» **Material to process**
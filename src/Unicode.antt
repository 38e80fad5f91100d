-- ===== src/Unicode.antt =====
-- oxiterm-renderer/src/render/unicode.rs: the width cache. The tables of the crate
-- `unicode-width` (`UnicodeWidthChar::width` and `width_cjk`) are parameters.
pub mod Cache
use oxiterm.Common.{
  ℕ, ◌+◌, ◌≡◌, refl, ◌⊎◌, inl, inr, Bool, true, false, not, Option, none, some, List, [], ◌∷◌,
  arith, ltb, leb, ◌==◌, if◌then◌else◌, Option-cases,
}

-- `HashMap<char, u8>`, the newest entry first.
abbrev pub WidthCache : Type 0
WidthCache = List (ℕ × ℕ)

pub find : WidthCache → ℕ → Option ℕ
find [] ch = none
find ((c, w) ∷ cache) ch = if c == ch then some w else find cache ch

module _ (char_width : ℕ → Option ℕ) where
  -- `u8::try_from(ch.width().unwrap_or(0)).unwrap_or(0)`
  unfoldable pub computed_width : ℕ → ℕ
  computed_width ch = elim (char_width ch) [ none ↦ 0 | some w ↦ if leb w 255 then w else 0 ]

  -- What follows the read of the cache.
  abbrev pub or_computed : WidthCache → ℕ → Option ℕ → ℕ × WidthCache
  or_computed cache ch (some w) = (w, cache)
  or_computed cache ch none = (computed_width ch, (ch, computed_width ch) ∷ cache)

  -- `UnicodeWidthCache::width`: the answer, and the cache with it.
  pub width : WidthCache → ℕ → ℕ × WidthCache
  unfolding find
  width cache ch = or_computed cache ch (find cache ch)

-- `is_ambiguous_width`
unfoldable pub is_ambiguous_width : (ℕ → Option ℕ) → (ℕ → Option ℕ) → ℕ → Bool
is_ambiguous_width char_width char_width_cjk ch = elim (char_width ch) [
  | none ↦ false
  | some a ↦ elim (char_width_cjk ch) [ none ↦ false | some b ↦ not (a == b) ]
]
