-- ===== src/Diff/Engine.antt =====
-- `DiffEngine::diff` of diff.rs. The local variables of the loops are the fields of `Drawing`; a
-- coordinate is a `u16`, whose sums wrap. `none` is the panic of an index out of range, or fuel
-- that ran out. The width cache answers with `computed_width`, as Unicode/Cache shows.
pub mod Terminal
pub mod Steps
pub mod Cells
pub mod Frame
pub mod Correct
mod Tests
use oxiterm.Common.{
  ℕ, zero, suc, ◌+◌, ◌*◌, ◌%◌, ◌^◌, Bool, true, false, not, ◌&&◌, ◌||◌, Option, none, some, List,
  [], ◌∷◌, ◌++◌, get_elem?, ltb, leb, ◌==◌, if◌then◌else◌,
}
use oxiterm.Style.{AnsiColor, true_color, color256}
use oxiterm.Unicode.{computed_width, is_ambiguous_width}
use oxiterm.Buffer.{Cell, CellBuffer}
use oxiterm.Diff.{AnsiCommand, move_cursor, set_color, write_char, set_modifiers}

abbrev pub same_bool : Bool → Bool → Bool
same_bool true b = b
same_bool false b = not b

-- The derived `PartialEq` of `AnsiColor` and of `Cell`.
pub same_color : AnsiColor → AnsiColor → Bool
same_color (true_color r g b) (true_color r' g' b') = (r == r') && ((g == g') && (b == b'))
same_color (color256 n) (color256 n') = n == n'
same_color AnsiColor.reset AnsiColor.reset = true
same_color _ _ = false

pub same_cell : Cell → Cell → Bool
unfolding same_color
same_cell a b =
    (a.ch == b.ch)
    && (same_color a.fg b.fg
        && (same_color a.bg b.bg
            && (same_bool a.bold b.bold
                && (same_bool a.underline b.underline
                    && (same_bool a.italic b.italic && same_bool a.skip b.skip)))))

-- `cur_fg`, `cur_bg`, `cur_bold`, `cur_underline` and `cur_italic`
pub record Pen : Type 0 where
  pub fg : AnsiColor
  pub bg : AnsiColor
  pub bold : Bool
  pub underline : Bool
  pub italic : Bool

abbrev pub plain : Pen
plain = record {
  fg = AnsiColor.reset;
  bg = AnsiColor.reset;
  bold = false;
  underline = false;
  italic = false;
}

pub record Drawing : Type 0 where
  pub commands : List AnsiCommand
  pub pen : Pen
  pub cur_x : Option ℕ
  pub cur_y : Option ℕ

abbrev pub start : Drawing
start = record { commands = []; pen = plain; cur_x = none; cur_y = none }

-- `cur_x == Some(x)`
abbrev pub is_at : Option ℕ → ℕ → Bool
is_at none x = false
is_at (some x') x = x' == x

pub place : ℕ → ℕ → Drawing → Drawing
place x y d =
    if is_at d.cur_x x && is_at d.cur_y y
    then d
    else record d { commands = d.commands ++ move_cursor x y ∷ []; cur_y = some y }

pub colour : Cell → Drawing → Drawing
unfolding same_color
colour c d = if same_color c.fg d.pen.fg && same_color c.bg d.pen.bg then d else record d {
  commands = d.commands ++ set_color c.fg c.bg ∷ [];
  pen = record d.pen { fg = c.fg; bg = c.bg };
}

pub modify : Cell → Drawing → Drawing
modify c d =
    if same_bool c.bold d.pen.bold
      && (same_bool c.underline d.pen.underline && same_bool c.italic d.pen.italic)
    then d
    else record d {
      commands = d.commands ++ set_modifiers c.bold c.underline c.italic ∷ [];
      pen = record d.pen { bold = c.bold; underline = c.underline; italic = c.italic };
    }

-- `Some(next_cell) != prev_cell`
pub differs : Cell → Option Cell → Bool
unfolding same_cell
differs c none = true
differs c (some p) = not (same_cell c p)

module _ (char_width : ℕ → Option ℕ) where
  -- `char_w`
  pub columns : ℕ → ℕ
  unfolding computed_width
  columns ch = let char_w = computed_width char_width ch in if char_w == 0 then 1 else char_w

  abbrev pub after : ℕ → ℕ → ℕ
  unfolding columns
  after x ch = (x + columns ch) % 2 ^ 16

module _ (char_width char_width_cjk : ℕ → Option ℕ) where
  pub write : ℕ → ℕ → Cell → Drawing → Drawing
  unfolding after is_ambiguous_width
  write width x c d =
      let written = record d { commands = d.commands ++ write_char c.ch ∷ [] } in
      if is_ambiguous_width char_width char_width_cjk c.ch || leb width (after char_width x c.ch)
      then record written { cur_x = none; cur_y = none }
      else record written { cur_x = some (after char_width x c.ch) }

  -- The body of the inner loop, but for the step of `x`.
  pub draw_cell : ℕ → ℕ → ℕ → Cell → Option Cell → Drawing → Drawing
  unfolding differs place colour modify write
  draw_cell width x y c prev_cell d =
      if c.skip
      then record d { cur_x = none; cur_y = none }
      else if differs c prev_cell
      then write width x c (modify c (colour c (place x y d)))
      else d

  module _ (prev next : CellBuffer) where
    -- `while x < next.width`, with fuel.
    pub draw_row : ℕ → ℕ → ℕ → Drawing → Option Drawing
    unfolding draw_cell after
    draw_row zero y x d = if ltb x next.width then none else some d
    draw_row (suc fuel) y x d = elim (ltb x next.width) [
      | false ↦ some d
      | true ↦
          let idx = y * next.width + x in
          elim (get_elem? next.cells idx) [
            | none ↦ none
            | some c ↦
                draw_row fuel y (after char_width x c.ch)
                  (draw_cell next.width x y c (get_elem? prev.cells idx) d)
          ]
    ]

    -- `for y in 0..next.height`: the rows that are left, and `y`.
    pub draw_rows : ℕ → ℕ → Drawing → Option Drawing
    unfolding draw_row
    draw_rows zero y d = some d
    draw_rows (suc rows) y d = elim (draw_row next.width y 0 d) [
      | none ↦ none
      | some d' ↦ draw_rows rows (suc y) d'
    ]

    pub diff : Option (List AnsiCommand)
    unfolding draw_rows
    diff = elim (draw_rows next.height 0 start) [ none ↦ none | some d ↦ some d.commands ]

» **Task goal**
Transcribe the data. Leave every line exactly as it is.

» **Written solution**
filename src/Unicode.antt
repository 38e80fad5f91100d
-- ===== src/Unicode.antt =====
-- oxiterm-renderer/src/render/unicode.rs: the width cache. The tables of the crate
-- `unicode-width` (`UnicodeWidthChar::width` and `width_cjk`) are parameters.
pub mod Cache
use oxiterm.Common.{
  ℕ, ◌+◌, ◌≡◌, refl, ◌⊎◌, inl, inr, Bool, true, false, not, Option, none, some, List, [], ◌∷◌,
  arith, ltb, leb, ◌==◌, if◌then◌else◌, Option-cases,
}

-- `HashMap<char, u8>`, the newest entry first.
abbrev pub WidthCache : Type 0
WidthCache = List (ℕ × ℕ)

pub find : WidthCache → ℕ → Option ℕ
find [] ch = none
find ((c, w) ∷ cache) ch = if c == ch then some w else find cache ch

module _ (char_width : ℕ → Option ℕ) where
  -- `u8::try_from(ch.width().unwrap_or(0)).unwrap_or(0)`
  unfoldable pub computed_width : ℕ → ℕ
  computed_width ch = elim (char_width ch) [ none ↦ 0 | some w ↦ if leb w 255 then w else 0 ]

  -- What follows the read of the cache.
  abbrev pub or_computed : WidthCache → ℕ → Option ℕ → ℕ × WidthCache
  or_computed cache ch (some w) = (w, cache)
  or_computed cache ch none = (computed_width ch, (ch, computed_width ch) ∷ cache)

  -- `UnicodeWidthCache::width`: the answer, and the cache with it.
  pub width : WidthCache → ℕ → ℕ × WidthCache
  unfolding find
  width cache ch = or_computed cache ch (find cache ch)

-- `is_ambiguous_width`
unfoldable pub is_ambiguous_width : (ℕ → Option ℕ) → (ℕ → Option ℕ) → ℕ → Bool
is_ambiguous_width char_width char_width_cjk ch = elim (char_width ch) [
  | none ↦ false
  | some a ↦ elim (char_width_cjk ch) [ none ↦ false | some b ↦ not (a == b) ]
]
-- ===== src/Diff/Engine.antt =====
-- `DiffEngine::diff` of diff.rs. The local variables of the loops are the fields of `Drawing`; a
-- coordinate is a `u16`, whose sums wrap. `none` is the panic of an index out of range, or fuel
-- that ran out. The width cache answers with `computed_width`, as Unicode/Cache shows.
pub mod Terminal
pub mod Steps
pub mod Cells
pub mod Frame
pub mod Correct
mod Tests
use oxiterm.Common.{
  ℕ, zero, suc, ◌+◌, ◌*◌, ◌%◌, ◌^◌, Bool, true, false, not, ◌&&◌, ◌||◌, Option, none, some, List,
  [], ◌∷◌, ◌++◌, get_elem?, ltb, leb, ◌==◌, if◌then◌else◌,
}
use oxiterm.Style.{AnsiColor, true_color, color256}
use oxiterm.Unicode.{computed_width, is_ambiguous_width}
use oxiterm.Buffer.{Cell, CellBuffer}
use oxiterm.Diff.{AnsiCommand, move_cursor, set_color, write_char, set_modifiers}

abbrev pub same_bool : Bool → Bool → Bool
same_bool true b = b
same_bool false b = not b

-- The derived `PartialEq` of `AnsiColor` and of `Cell`.
pub same_color : AnsiColor → AnsiColor → Bool
same_color (true_color r g b) (true_color r' g' b') = (r == r') && ((g == g') && (b == b'))
same_color (color256 n) (color256 n') = n == n'
same_color AnsiColor.reset AnsiColor.reset = true
same_color _ _ = false

pub same_cell : Cell → Cell → Bool
unfolding same_color
same_cell a b =
    (a.ch == b.ch)
    && (same_color a.fg b.fg
        && (same_color a.bg b.bg
            && (same_bool a.bold b.bold
                && (same_bool a.underline b.underline
                    && (same_bool a.italic b.italic && same_bool a.skip b.skip)))))

-- `cur_fg`, `cur_bg`, `cur_bold`, `cur_underline` and `cur_italic`
pub record Pen : Type 0 where
  pub fg : AnsiColor
  pub bg : AnsiColor
  pub bold : Bool
  pub underline : Bool
  pub italic : Bool

abbrev pub plain : Pen
plain = record {
  fg = AnsiColor.reset;
  bg = AnsiColor.reset;
  bold = false;
  underline = false;
  italic = false;
}

pub record Drawing : Type 0 where
  pub commands : List AnsiCommand
  pub pen : Pen
  pub cur_x : Option ℕ
  pub cur_y : Option ℕ

abbrev pub start : Drawing
start = record { commands = []; pen = plain; cur_x = none; cur_y = none }

-- `cur_x == Some(x)`
abbrev pub is_at : Option ℕ → ℕ → Bool
is_at none x = false
is_at (some x') x = x' == x

pub place : ℕ → ℕ → Drawing → Drawing
place x y d =
    if is_at d.cur_x x && is_at d.cur_y y
    then d
    else record d { commands = d.commands ++ move_cursor x y ∷ []; cur_y = some y }

pub colour : Cell → Drawing → Drawing
unfolding same_color
colour c d = if same_color c.fg d.pen.fg && same_color c.bg d.pen.bg then d else record d {
  commands = d.commands ++ set_color c.fg c.bg ∷ [];
  pen = record d.pen { fg = c.fg; bg = c.bg };
}

pub modify : Cell → Drawing → Drawing
modify c d =
    if same_bool c.bold d.pen.bold
      && (same_bool c.underline d.pen.underline && same_bool c.italic d.pen.italic)
    then d
    else record d {
      commands = d.commands ++ set_modifiers c.bold c.underline c.italic ∷ [];
      pen = record d.pen { bold = c.bold; underline = c.underline; italic = c.italic };
    }

-- `Some(next_cell) != prev_cell`
pub differs : Cell → Option Cell → Bool
unfolding same_cell
differs c none = true
differs c (some p) = not (same_cell c p)

module _ (char_width : ℕ → Option ℕ) where
  -- `char_w`
  pub columns : ℕ → ℕ
  unfolding computed_width
  columns ch = let char_w = computed_width char_width ch in if char_w == 0 then 1 else char_w

  abbrev pub after : ℕ → ℕ → ℕ
  unfolding columns
  after x ch = (x + columns ch) % 2 ^ 16

module _ (char_width char_width_cjk : ℕ → Option ℕ) where
  pub write : ℕ → ℕ → Cell → Drawing → Drawing
  unfolding after is_ambiguous_width
  write width x c d =
      let written = record d { commands = d.commands ++ write_char c.ch ∷ [] } in
      if is_ambiguous_width char_width char_width_cjk c.ch || leb width (after char_width x c.ch)
      then record written { cur_x = none; cur_y = none }
      else record written { cur_x = some (after char_width x c.ch) }

  -- The body of the inner loop, but for the step of `x`.
  pub draw_cell : ℕ → ℕ → ℕ → Cell → Option Cell → Drawing → Drawing
  unfolding differs place colour modify write
  draw_cell width x y c prev_cell d =
      if c.skip
      then record d { cur_x = none; cur_y = none }
      else if differs c prev_cell
      then write width x c (modify c (colour c (place x y d)))
      else d

  module _ (prev next : CellBuffer) where
    -- `while x < next.width`, with fuel.
    pub draw_row : ℕ → ℕ → ℕ → Drawing → Option Drawing
    unfolding draw_cell after
    draw_row zero y x d = if ltb x next.width then none else some d
    draw_row (suc fuel) y x d = elim (ltb x next.width) [
      | false ↦ some d
      | true ↦
          let idx = y * next.width + x in
          elim (get_elem? next.cells idx) [
            | none ↦ none
            | some c ↦
                draw_row fuel y (after char_width x c.ch)
                  (draw_cell next.width x y c (get_elem? prev.cells idx) d)
          ]
    ]

    -- `for y in 0..next.height`: the rows that are left, and `y`.
    pub draw_rows : ℕ → ℕ → Drawing → Option Drawing
    unfolding draw_row
    draw_rows zero y d = some d
    draw_rows (suc rows) y d = elim (draw_row next.width y 0 d) [
      | none ↦ none
      | some d' ↦ draw_rows rows (suc y) d'
    ]

    pub diff : Option (List AnsiCommand)
    unfolding draw_rows
    diff = elim (draw_rows next.height 0 start) [ none ↦ none | some d ↦ some d.commands ]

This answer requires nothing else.